For this exercise, return all the data exactly as it stands.

*** Opening Supplied data ***

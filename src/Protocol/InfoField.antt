-- ===== src/Protocol/InfoField.antt =====
-- src/protocol/info_field.rs: the six bytes of link information. A field of the source's structs is
-- a `u8` (`speed` a `u16`) and so a number here.
pub mod Codec
use plc_service_rust.Base.{
  ℕ, ◌+◌, ◌*◌, ◌/◌, ◌%◌, ◌^◌, ◌==◌, bit_and, bit_or, List, [], ◌∷◌, length, Outcome, ok, ensure,
  index, ◌>>=◌, ◌>>◌,
}
use plc_service_rust.Base.Bits.{shl_u8}
use plc_service_rust.Protocol.Fault.{Error, message}

abbrev pub info_field_size : ℕ
info_field_size = 6

pub data InfoFieldType : Type 0 where
  down up : InfoFieldType

pub record InfoFieldDown : Type 0 where
  pub route_flag : ℕ
  pub node_flag : ℕ
  pub comm_model_mark : ℕ
  pub conflict_check : ℕ
  pub relay_level : ℕ
  pub channel_flag : ℕ
  pub ecc : ℕ
  pub answer_bytes : ℕ
  pub speed : ℕ
  pub speed_unit_flag : ℕ
  pub seq_num : ℕ

pub record InfoFieldUp : Type 0 where
  pub route_flag : ℕ
  pub comm_model_mark : ℕ
  pub relay_level : ℕ
  pub channel_flag : ℕ
  pub line_mark : ℕ
  pub meter_feature : ℕ
  pub cmd_signal_quality : ℕ
  pub res_signal_quality : ℕ
  pub event_mark : ℕ
  pub seq_num : ℕ

pub data InfoField : Type 0 where
  down : InfoFieldDown → InfoField
  up : InfoFieldUp → InfoField

-- `u16::from_le_bytes` and `u16::to_le_bytes`.
abbrev pub u16_of_le : ℕ → ℕ → ℕ
u16_of_le lo hi = lo + hi * 256

abbrev pub u16_to_le : ℕ → List ℕ
u16_to_le n = n % 256 ∷ n / 256 % 256 ∷ []

unfoldable pub down_of_bytes : List ℕ → Outcome Error InfoFieldDown
down_of_bytes bytes = do
  ensure (length bytes == info_field_size) (message "Invalid info field size")
  b0 ← index bytes 0
  b1 ← index bytes 1
  b2 ← index bytes 2
  b3 ← index bytes 3
  b4 ← index bytes 4
  b5 ← index bytes 5
  ok (record {
    route_flag = bit_and b0 0x01;
    node_flag = bit_and b0 0x02 / 2 ^ 1;
    comm_model_mark = bit_and b0 0x04 / 2 ^ 2;
    conflict_check = bit_and b0 0x08 / 2 ^ 3;
    relay_level = bit_and b0 0xF0 / 2 ^ 4;
    channel_flag = bit_and b1 0x0F;
    ecc = bit_and b1 0xF0 / 2 ^ 4;
    answer_bytes = b2;
    speed = u16_of_le b3 (bit_and b4 0x7F);
    speed_unit_flag = bit_and b4 0x80 / 2 ^ 7;
    seq_num = b5;
  })

unfoldable pub up_of_bytes : List ℕ → Outcome Error InfoFieldUp
up_of_bytes bytes = do
  ensure (length bytes == info_field_size) (message "Invalid info field size")
  b0 ← index bytes 0
  b1 ← index bytes 1
  b2 ← index bytes 2
  b3 ← index bytes 3
  b4 ← index bytes 4
  b5 ← index bytes 5
  ok (record {
    route_flag = bit_and b0 0x01;
    comm_model_mark = bit_and b0 0x04 / 2 ^ 2;
    relay_level = bit_and b0 0xF0 / 2 ^ 4;
    channel_flag = bit_and b1 0x0F;
    line_mark = bit_and b2 0x0F;
    meter_feature = bit_and b2 0xF0 / 2 ^ 4;
    cmd_signal_quality = bit_and b3 0x0F;
    res_signal_quality = bit_and b3 0xF0 / 2 ^ 4;
    event_mark = b4;
    seq_num = b5;
  })

unfoldable pub from_bytes : InfoFieldType → List ℕ → Outcome Error InfoField
from_bytes down bytes = do d ← down_of_bytes bytes; ok (InfoField.down d)
from_bytes up bytes = do u ← up_of_bytes bytes; ok (InfoField.up u)

-- `InfoField::new`; the other fields are `Default`.
unfoldable pub new : InfoFieldType → ℕ → ℕ → ℕ → InfoField
new down seq relay_level comm_model_mark = InfoField.down (record {
  route_flag = 0;
  node_flag = 0;
  comm_model_mark = comm_model_mark;
  conflict_check = 0;
  relay_level = relay_level;
  channel_flag = 0;
  ecc = 0;
  answer_bytes = 0;
  speed = 0;
  speed_unit_flag = 0;
  seq_num = seq;
})
new up seq relay_level comm_model_mark = InfoField.up (record {
  route_flag = 0;
  comm_model_mark = comm_model_mark;
  relay_level = relay_level;
  channel_flag = 0;
  line_mark = 0;
  meter_feature = 0;
  cmd_signal_quality = 0;
  res_signal_quality = 0;
  event_mark = 0;
  seq_num = seq;
})

abbrev pub get_type : InfoField → InfoFieldType
get_type (InfoField.down d) = InfoFieldType.down
get_type (InfoField.up u) = InfoFieldType.up

abbrev pub relay_level : InfoField → ℕ
relay_level (InfoField.down d) = d.relay_level
relay_level (InfoField.up u) = u.relay_level

abbrev pub comm_model_mark : InfoField → ℕ
comm_model_mark (InfoField.down d) = d.comm_model_mark
comm_model_mark (InfoField.up u) = u.comm_model_mark

abbrev pub seq_num : InfoField → ℕ
seq_num (InfoField.down d) = d.seq_num
seq_num (InfoField.up u) = u.seq_num

unfoldable pub set_comm_model_mark : InfoField → ℕ → InfoField
set_comm_model_mark (InfoField.down d) mark = InfoField.down (record d { comm_model_mark = mark })
set_comm_model_mark (InfoField.up u) mark = InfoField.up (record u { comm_model_mark = mark })

unfoldable pub to_bytes : InfoField → List ℕ
to_bytes (InfoField.down d) =
    bit_or
      (bit_or (bit_or (bit_or d.route_flag (shl_u8 d.node_flag 1)) (shl_u8 d.comm_model_mark 2))
        (shl_u8 d.conflict_check 3))
      (shl_u8 d.relay_level 4)
    ∷ bit_or d.channel_flag (shl_u8 d.ecc 4)
    ∷ d.answer_bytes
    ∷ d.speed % 256
    ∷ bit_or (bit_and (d.speed / 256 % 256) 0x7F) (shl_u8 d.speed_unit_flag 7)
    ∷ d.seq_num
    ∷ []
to_bytes (InfoField.up u) =
    bit_or (bit_or u.route_flag (shl_u8 u.comm_model_mark 2)) (shl_u8 u.relay_level 4)
    ∷ u.channel_flag
    ∷ bit_or u.line_mark (shl_u8 u.meter_feature 4)
    ∷ bit_or u.cmd_signal_quality (shl_u8 u.res_signal_quality 4)
    ∷ u.event_mark
    ∷ u.seq_num
    ∷ []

*** Closing Supplied data ***

Solution for this task.
filename src/Protocol/InfoField.antt
-- ===== src/Protocol/InfoField.antt =====
-- src/protocol/info_field.rs: the six bytes of link information. A field of the source's structs is
-- a `u8` (`speed` a `u16`) and so a number here.
pub mod Codec
use plc_service_rust.Base.{
  ℕ, ◌+◌, ◌*◌, ◌/◌, ◌%◌, ◌^◌, ◌==◌, bit_and, bit_or, List, [], ◌∷◌, length, Outcome, ok, ensure,
  index, ◌>>=◌, ◌>>◌,
}
use plc_service_rust.Base.Bits.{shl_u8}
use plc_service_rust.Protocol.Fault.{Error, message}

abbrev pub info_field_size : ℕ
info_field_size = 6

pub data InfoFieldType : Type 0 where
  down up : InfoFieldType

pub record InfoFieldDown : Type 0 where
  pub route_flag : ℕ
  pub node_flag : ℕ
  pub comm_model_mark : ℕ
  pub conflict_check : ℕ
  pub relay_level : ℕ
  pub channel_flag : ℕ
  pub ecc : ℕ
  pub answer_bytes : ℕ
  pub speed : ℕ
  pub speed_unit_flag : ℕ
  pub seq_num : ℕ

pub record InfoFieldUp : Type 0 where
  pub route_flag : ℕ
  pub comm_model_mark : ℕ
  pub relay_level : ℕ
  pub channel_flag : ℕ
  pub line_mark : ℕ
  pub meter_feature : ℕ
  pub cmd_signal_quality : ℕ
  pub res_signal_quality : ℕ
  pub event_mark : ℕ
  pub seq_num : ℕ

pub data InfoField : Type 0 where
  down : InfoFieldDown → InfoField
  up : InfoFieldUp → InfoField

-- `u16::from_le_bytes` and `u16::to_le_bytes`.
abbrev pub u16_of_le : ℕ → ℕ → ℕ
u16_of_le lo hi = lo + hi * 256

abbrev pub u16_to_le : ℕ → List ℕ
u16_to_le n = n % 256 ∷ n / 256 % 256 ∷ []

unfoldable pub down_of_bytes : List ℕ → Outcome Error InfoFieldDown
down_of_bytes bytes = do
  ensure (length bytes == info_field_size) (message "Invalid info field size")
  b0 ← index bytes 0
  b1 ← index bytes 1
  b2 ← index bytes 2
  b3 ← index bytes 3
  b4 ← index bytes 4
  b5 ← index bytes 5
  ok (record {
    route_flag = bit_and b0 0x01;
    node_flag = bit_and b0 0x02 / 2 ^ 1;
    comm_model_mark = bit_and b0 0x04 / 2 ^ 2;
    conflict_check = bit_and b0 0x08 / 2 ^ 3;
    relay_level = bit_and b0 0xF0 / 2 ^ 4;
    channel_flag = bit_and b1 0x0F;
    ecc = bit_and b1 0xF0 / 2 ^ 4;
    answer_bytes = b2;
    speed = u16_of_le b3 (bit_and b4 0x7F);
    speed_unit_flag = bit_and b4 0x80 / 2 ^ 7;
    seq_num = b5;
  })

unfoldable pub up_of_bytes : List ℕ → Outcome Error InfoFieldUp
up_of_bytes bytes = do
  ensure (length bytes == info_field_size) (message "Invalid info field size")
  b0 ← index bytes 0
  b1 ← index bytes 1
  b2 ← index bytes 2
  b3 ← index bytes 3
  b4 ← index bytes 4
  b5 ← index bytes 5
  ok (record {
    route_flag = bit_and b0 0x01;
    comm_model_mark = bit_and b0 0x04 / 2 ^ 2;
    relay_level = bit_and b0 0xF0 / 2 ^ 4;
    channel_flag = bit_and b1 0x0F;
    line_mark = bit_and b2 0x0F;
    meter_feature = bit_and b2 0xF0 / 2 ^ 4;
    cmd_signal_quality = bit_and b3 0x0F;
    res_signal_quality = bit_and b3 0xF0 / 2 ^ 4;
    event_mark = b4;
    seq_num = b5;
  })

unfoldable pub from_bytes : InfoFieldType → List ℕ → Outcome Error InfoField
from_bytes down bytes = do d ← down_of_bytes bytes; ok (InfoField.down d)
from_bytes up bytes = do u ← up_of_bytes bytes; ok (InfoField.up u)

-- `InfoField::new`; the other fields are `Default`.
unfoldable pub new : InfoFieldType → ℕ → ℕ → ℕ → InfoField
new down seq relay_level comm_model_mark = InfoField.down (record {
  route_flag = 0;
  node_flag = 0;
  comm_model_mark = comm_model_mark;
  conflict_check = 0;
  relay_level = relay_level;
  channel_flag = 0;
  ecc = 0;
  answer_bytes = 0;
  speed = 0;
  speed_unit_flag = 0;
  seq_num = seq;
})
new up seq relay_level comm_model_mark = InfoField.up (record {
  route_flag = 0;
  comm_model_mark = comm_model_mark;
  relay_level = relay_level;
  channel_flag = 0;
  line_mark = 0;
  meter_feature = 0;
  cmd_signal_quality = 0;
  res_signal_quality = 0;
  event_mark = 0;
  seq_num = seq;
})

abbrev pub get_type : InfoField → InfoFieldType
get_type (InfoField.down d) = InfoFieldType.down
get_type (InfoField.up u) = InfoFieldType.up

abbrev pub relay_level : InfoField → ℕ
relay_level (InfoField.down d) = d.relay_level
relay_level (InfoField.up u) = u.relay_level

abbrev pub comm_model_mark : InfoField → ℕ
comm_model_mark (InfoField.down d) = d.comm_model_mark
comm_model_mark (InfoField.up u) = u.comm_model_mark

abbrev pub seq_num : InfoField → ℕ
seq_num (InfoField.down d) = d.seq_num
seq_num (InfoField.up u) = u.seq_num

unfoldable pub set_comm_model_mark : InfoField → ℕ → InfoField
set_comm_model_mark (InfoField.down d) mark = InfoField.down (record d { comm_model_mark = mark })
set_comm_model_mark (InfoField.up u) mark = InfoField.up (record u { comm_model_mark = mark })

unfoldable pub to_bytes : InfoField → List ℕ
to_bytes (InfoField.down d) =
    bit_or
      (bit_or (bit_or (bit_or d.route_flag (shl_u8 d.node_flag 1)) (shl_u8 d.comm_model_mark 2))
        (shl_u8 d.conflict_check 3))
      (shl_u8 d.relay_level 4)
    ∷ bit_or d.channel_flag (shl_u8 d.ecc 4)
    ∷ d.answer_bytes
    ∷ d.speed % 256
    ∷ bit_or (bit_and (d.speed / 256 % 256) 0x7F) (shl_u8 d.speed_unit_flag 7)
    ∷ d.seq_num
    ∷ []
to_bytes (InfoField.up u) =
    bit_or (bit_or u.route_flag (shl_u8 u.comm_model_mark 2)) (shl_u8 u.relay_level 4)
    ∷ u.channel_flag
    ∷ bit_or u.line_mark (shl_u8 u.meter_feature 4)
    ∷ bit_or u.cmd_signal_quality (shl_u8 u.res_signal_quality 4)
    ∷ u.event_mark
    ∷ u.seq_num
    ∷ []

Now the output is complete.